In his paper, Dinardi (2020) states that ARIMA models will not always be the most significant predictors of financial time series aspects. Hence, many studies use the ARCH or GARCH class of models to address concerns that ARIMA models could not handle. Next, the threshold GARCH (TGARCH) model. Gabriel (2012) researched to evaluate the forecasting performance of the GARCH model by using data from Romania (BET Index) and discovered that the TGARCH model is the most accurate in forecasting volatility. Next, in forecasting using ARIMA-GARCH models, static and dynamic forecasts will be applied. Dynamic forecast or n-step ahead forecast, for the model to compute the first forecasted value, the actual lagged value of Y will be used (Dritsaki, 2018).
Then, the danger of unanticipated changes in prices or the log-return rate within a certain period is measured by Value at Risk (VaR) (Li, 2016). Under normal market conditions, the VaR is defined as the highest predicted possible loss on a portfolio over a particular time horizon for a given confidence interval (Jorion, 2002).
2.1 Problem Statement
COVID-19 pandemic outbreaks have a significant impact on Malaysia's numerous industries, particularly the healthcare sector. In the current domestic and international economic climate, IHH stock values have been volatile, making it extremely difficult for investors to understand the direction of healthcare stock prices. Is the price of a stock predictable? Furthermore, because of the volatile nature of stock prices of IHH during COVID-19, investors need to know whether they will benefit from investing in IHH. The economic community can consider forecasting stock price fluctuation as a reference point in comprehending stock price fluctuation. It can assist the investor of IHH in gaining an ideal advantage in searching for a low price at the time of purchase and a high price at the time of a sale during this pandemic.
Aside from that, investors frequently face various real-world trading restrictions, necessitating the creation of portfolios that adhere to trading restrictions (Lwin et al., 2017). Furthermore, many risk management systems for trading operations are too expensive to implement, making them out of reach for smaller pension funds in terms of capital and personnel. This emphasizes the importance of examining the practical concerns that institutional investors must make when developing a VaR-based risk management plan (Lwin et al., 2017).
3. Method 3.1 Materials
The dataset will be historical data of IHH stock price, and the R software were utilised to construct the processes.
3.1.1 Samples, Site and Procedures
The data in this research is separated into two groups which are in-sample and out-sample set.
The in-sample data sets will be used to determine which ARIMA-GARCH or ARIMA- TGARCH model is best for forecasting the IHH stock price.
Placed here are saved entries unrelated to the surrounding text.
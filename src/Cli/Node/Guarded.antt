-- ===== src/Cli/Node/Guarded.antt =====
-- What holds when `run` starts something.
use familiar_fleet.Base.{
  ◌∙◌, Option-cases, Bool, true, false, ◌≡◌, refl, sym, subst, Option, none, some, List, [], ◌∷◌,
  Text, codes, text_eq, ◌==◌, ◌!=◌, ◌||◌, eq_iff, arith, if◌then◌else◌,
}
use familiar_fleet.Host.{
  executable_not_found, World, Outcome, ok, ◌>>=◌, map_err, guard, wrong_user, pure, message,
  unknown_user, Error, wrap, prepare_state,
}
use familiar_fleet.Host.Answers.{Answers, bind-Answers}
use familiar_fleet.Applier.{apply}
use familiar_fleet.State.{Paths, state_paths}
use familiar_fleet.State.Files.{Saved, load_state}
use familiar_fleet.State.Files.Accepted.{IsAccepted, AcceptedIf, load_state-IsAccepted}
use familiar_fleet.Environment.Prepare.{Node}
use familiar_fleet.Cli.Node.Started.{
  loading, require-world, IsOwned, IsFresh, Launched, launch_tunnel-Launched, launch_node-Launched,
}
use familiar_fleet.Cli.{Invocation}
use familiar_fleet.Cli.Node.{
  executable_not_found, find_binary_path, unknown_subcommand, status_result, status, prune_gc_roots,
  rolled_back_unpruned, runtime_store, rollback, short_hostname, prepare_enrollment, apply_argument,
  not_connected, connect_options, already_connected, bad_endpoint, raise, needs_endpoint,
  connect_argument, Status, canonical_endpoint, Machine, Launch, version_printed,
  runtime_rolled_back, stop_session, require, node_at, state_file, find_binary, applier,
  ensure_state_dir, runtime_command, connect, enroll_node, debug_enroll, launch_tunnel, launch_node,
  launch_as, run_with, run_prepared, run_in, run_at, run,
}

module _ (m : Machine) (n : Node) (inv : Invocation) (begun : World) where
  abbrev Started : Launch → World → Type 0
  Started = Launched m n inv begun

  user-Launched :
      (s : Saved)
      → (loading m n begun).0 ≡ ok (some s)
      → IsAccepted m.codec m.urls m.is_ip s
      → (w : World) → w ≡ (loading m n begun).1
      → Answers Started (launch_as m n inv s w)
  unfolding launch_as
  user-Launched s r a w begins =
      bind-Answers Started _ (require m.user (message unknown_user)) w (λ user h.
        bind-Answers Started _ (guard (user == s.ssh_user) wrong_user) _ (λ _ g.
          bind-Answers Started _ (find_binary m inv.options.herdr) _ (λ herdr _.
            by_command (record { read = r; accepted = a; user = same user _ h g }) herdr _
              (require-world
                  (find_binary_path m.look_path m.absolute m.eval_symlinks inv.options.herdr)
                  (message executable_not_found) _
                ∙ guard-world (user == s.ssh_user) _
                ∙ require-world m.user (message unknown_user) w
                ∙ begins)
              (inv.command == codes "tunnel"))))
    where
      guard-world : (b : Bool) (v : World) → (guard b wrong_user v).1 ≡ v
      guard-world true v = refl
      guard-world false v = refl

      same :
          (user : Text) (v : World)
          → (require m.user (message unknown_user) w).0 ≡ ok user
          → (guard (user == s.ssh_user) wrong_user v).0 ≡ ok tt
          → m.user ≡ some s.ssh_user
      same user v h g = ground (arith, h, g, eq_iff user s.ssh_user, Option-cases m.user)

      by_command :
          IsOwned m n inv begun s
          → (herdr : Text) (v : World) → v ≡ (loading m n begun).1
          → (b : Bool)
          → Answers Started
              ((if b then launch_tunnel m n inv.options s else launch_node m n inv s herdr) v)
      by_command o herdr v e true = launch_tunnel-Launched m n inv begun s o v
      by_command o herdr v e false = launch_node-Launched m n inv begun s o herdr v e

  connect-Launched :
      IsFresh m n inv begun
      → (url : Text) (w : World) → Answers Started (connect m n inv.options url w)
  unfolding connect
  connect-Launched f url w =
      bind-Answers Started _ (require (canonical_endpoint m.urls url) (message bad_endpoint)) w
        (λ endpoint _.
          bind-Answers Started _ (prepare_enrollment m n inv.options) _
            (λ p _. bind-Answers Started _ (short_hostname m) _ (λ name _. f)))

  enroll_node-Launched :
      IsFresh m n inv begun → (w : World) → Answers Started (enroll_node m n inv.options w)
  unfolding enroll_node
  enroll_node-Launched f w =
      bind-Answers Started _ (guard (inv.options.endpoint != []) needs_endpoint) w (λ _ _.
        bind-Answers Started _
          (require (canonical_endpoint m.urls inv.options.endpoint) (message bad_endpoint)) _
          (λ endpoint _. bind-Answers Started _ (prepare_enrollment m n inv.options) _ (λ p _.
            bind-Answers Started _ _ _ (λ name _. bind-Answers Started _ _ _ (λ token _.
              bind-Answers Started _ _ _ (λ e _. bind-Answers Started _ _ _ (λ kept _. f)))))))

  connect_argument-Launched :
      IsFresh m n inv begun
      → (args : List Text) (w : World) → Answers Started (connect_argument m n inv.options args w)
  connect_argument-Launched f [] w = tt
  connect_argument-Launched f (url ∷ args) w = connect-Launched f url w

  fresh-Launched : IsFresh m n inv begun → (w : World) → Answers Started (run_with m n inv none w)
  unfolding run_with debug_enroll
  fresh-Launched f w =
      by_command (inv.command == codes "connect")
        (inv.options.token_file != [] || inv.options.name != []) (inv.command == codes "enroll")
    where
      by_command :
          (a b c : Bool)
          → Answers Started (
              (if a
                  then (if b
                      then raise (message connect_options)
                      else connect_argument m n inv.options inv.args)
                  else if c
                  then debug_enroll m n inv.options none
                  else raise (message not_connected))
                w)
      by_command true true c = tt
      by_command true false c = connect_argument-Launched f inv.args w
      by_command false b true = enroll_node-Launched f w
      by_command false b false = tt

  saved-Launched :
      (s : Saved)
      → (loading m n begun).0 ≡ ok (some s)
      → IsAccepted m.codec m.urls m.is_ip s
      → Answers Started (run_with m n inv (some s) (loading m n begun).1)
  unfolding run_with debug_enroll
  saved-Launched s r a = by_command (inv.command == codes "connect") (inv.command == codes "enroll")
    where
      by_command :
          (b c : Bool)
          → Answers Started (
              (if b
                  then raise (message already_connected)
                  else if c
                  then debug_enroll m n inv.options (some s)
                  else launch_as m n inv s)
                (loading m n begun).1)
      by_command true c = tt
      by_command false true = (r, a)
      by_command false false = user-Launched s r a _ refl

  abbrev ready : World
  ready = (map_err (wrap prepare_state) (ensure_state_dir n.root) begun).1

  loaded-Launched :
      Answers Started
        ((load_state m.codec m.urls m.is_ip (state_file m n) >>= run_with m n inv) ready)
  loaded-Launched =
      bind-Answers Started (run_with m n inv) (load_state m.codec m.urls m.is_ip (state_file m n))
        ready
        (λ o h. by_state o h (
          subst
            (λ (x : Outcome (Option Saved)).
              Answers (AcceptedIf m.codec m.urls m.is_ip) (x, (loading m n begun).1))
            h (load_state-IsAccepted m.codec m.urls m.is_ip (state_file m n) ready)))
    where
      by_state :
          (o : Option Saved)
          → (loading m n begun).0 ≡ ok o
          → AcceptedIf m.codec m.urls m.is_ip o (loading m n begun).1
          → Answers Started (run_with m n inv o (loading m n begun).1)
      by_state none h a = fresh-Launched h _
      by_state (some s) h a = saved-Launched s h a

  runtime-Launched :
      inv.command ≡ codes "runtime"
      → (args : List Text) (w : World) → Answers Started (runtime_command m n inv.options args w)
  unfolding runtime_command
  runtime-Launched e [] w = tt
  runtime-Launched e (c ∷ args) w =
      by_command (c == codes "status") (c == codes "rollback") (c == codes "apply") args
    where
      status-Launched :
          (s : Status) (o : Option Error) (v : World) → Answers Started (status_result m s o v)
      status-Launched s none v = e
      status-Launched s (some x) v = tt

      argument-Launched :
          (args : List Text) → Answers Started (apply_argument m n inv.options args w)
      argument-Launched [] = tt
      argument-Launched (i ∷ _) =
          bind-Answers Started _ (apply m.tools (applier m n inv.options) i) w (λ r _. e)

      rolled_back : Answers Started (
          (rollback (runtime_store n) >>= λ target.
          map_err (wrap rolled_back_unpruned) (prune_gc_roots (runtime_store n)) >>= λ _.
          pure (runtime_rolled_back target))
            w)
      rolled_back = bind-Answers Started _ (rollback (runtime_store n)) w (λ t _.
          bind-Answers Started _
            (map_err (wrap rolled_back_unpruned) (prune_gc_roots (runtime_store n))) _ (λ _ _. e))

      by_command :
          (a b c : Bool) (args : List Text)
          → Answers Started (
              (if a
                  then (status (runtime_store n) >>= λ s. status_result m s s.current.problem)
                  else if b
                  then (rollback (runtime_store n) >>= λ target.
                      map_err (wrap rolled_back_unpruned) (prune_gc_roots (runtime_store n))
                      >>= λ _. pure (runtime_rolled_back target))
                  else if c
                  then apply_argument m n inv.options args
                  else raise (message unknown_subcommand))
                w)
      by_command true b c args =
          bind-Answers Started _ (status (runtime_store n)) w
            (λ s _. status-Launched s s.current.problem _)
      by_command false true c args = rolled_back
      by_command false false true args = argument-Launched args
      by_command false false false args = tt

  prepared-Launched : Answers Started (run_prepared m n inv ready)
  unfolding run_prepared
  prepared-Launched = by_runtime (inv.command == codes "runtime") refl
    where
      by_stop :
          (b : Bool)
          → (inv.command == codes "stop") ≡ b
          → Answers Started (
              (if b
                  then (find_binary m inv.options.herdr >>= λ herdr. pure (stop_session herdr))
                  else (load_state m.codec m.urls m.is_ip (state_file m n) >>= run_with m n inv))
                ready)
      by_stop true e =
          bind-Answers Started _ (find_binary m inv.options.herdr) ready
            (λ herdr _. (eq_iff inv.command (codes "stop")).0 e)
      by_stop false e = loaded-Launched

      by_runtime :
          (b : Bool)
          → (inv.command == codes "runtime") ≡ b
          → Answers Started (
              (if b
                  then runtime_command m n inv.options inv.args
                  else if inv.command == codes "stop"
                  then (find_binary m inv.options.herdr >>= λ herdr. pure (stop_session herdr))
                  else (load_state m.codec m.urls m.is_ip (state_file m n) >>= run_with m n inv))
                ready)
      by_runtime true e =
          runtime-Launched ((eq_iff inv.command (codes "runtime")).0 e) inv.args ready
      by_runtime false e = by_stop (inv.command == codes "stop") refl

  pub run_in-Launched : Answers Started (run_in m n inv begun)
  unfolding run_in
  run_in-Launched =
      bind-Answers Started _ (map_err (wrap prepare_state) (ensure_state_dir n.root)) begun
        (λ _ _. prepared-Launched)

module _ (m : Machine) (inv : Invocation) (p : Paths) where
  -- What `run` starts, in the state directory of its paths, where "the state" is what this run reads
  -- there once it has made the directory. The TUI or the service: only where the state was read and
  -- accepted, for the user that it is of, and after a true-up to the runtime of its enrollment that
  -- succeeded, in the world that the reading left, with an environment that the preflight prepared in
  -- the world which the true-up left, and that has the runtime which the true-up reported. The tunnel:
  -- only with such a state, for such a user. The browser or a debugging enrollment: only where the
  -- reading found no state; `already enrolled` only with the accepted state that it found.
  pub run-Launched :
      (w : World)
      → state_paths m.absolute inv.options.state_dir m.euid m.xdg_state_home m.home ≡ some p
      → Answers (Launched m (node_at m p) inv w) (run m inv w)
  unfolding run
  run-Launched w h = by_version (inv.command == codes "version") refl
    where
      by_version :
          (b : Bool)
          → (inv.command == codes "version") ≡ b
          → Answers (Launched m (node_at m p) inv w) (
              (if b
                  then pure version_printed
                  else run_at m inv
                      (state_paths m.absolute inv.options.state_dir m.euid m.xdg_state_home m.home))
                w)
      by_version true e = (eq_iff inv.command (codes "version")).0 e
      by_version false e =
          subst (λ (o : Option Paths). Answers (Launched m (node_at m p) inv w) (run_at m inv o w))
            (sym h) (run_in-Launched m (node_at m p) inv w)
IHH stock price data will be gathered from the Investing.com website and were collected in weekdays excluding public holiday and weekends, from 22nd September 2015 until 21st September 2021 and are cited in MYR (RM). The collected data of daily IHH stock prices has a total of 1468 data. The study was conducted by plotting graphs, conducting tests and determining the conclusion from hypotheses.
3.2 Data Analysis 3.2.1 Stationarity Test
Determining the number of differencing necessary to make the series stationary, as a model cannot anticipate on non-stationary time series data (Kumar G, 2021).
3.2.1.1 Augmented Dickey-Fuller (ADF) Test
A time series can be said as a stationary series if its mean, variance and covariance do not change over time (Özen, n.d.). The ADF test would check for a unit root in a given time series where a presence of unit root will indicate a linear trend in the time series, which is considered non-stationary (Khalid, 2020). The ADF test would have a null hypothesis as written as follows,
𝐻0 : 𝜑 = 1 (there is a presence of unit root in the series or the series is non-stationary) 𝐻a : 𝜑 < 1 (there is no presence of unit root in the series or the series is stationary)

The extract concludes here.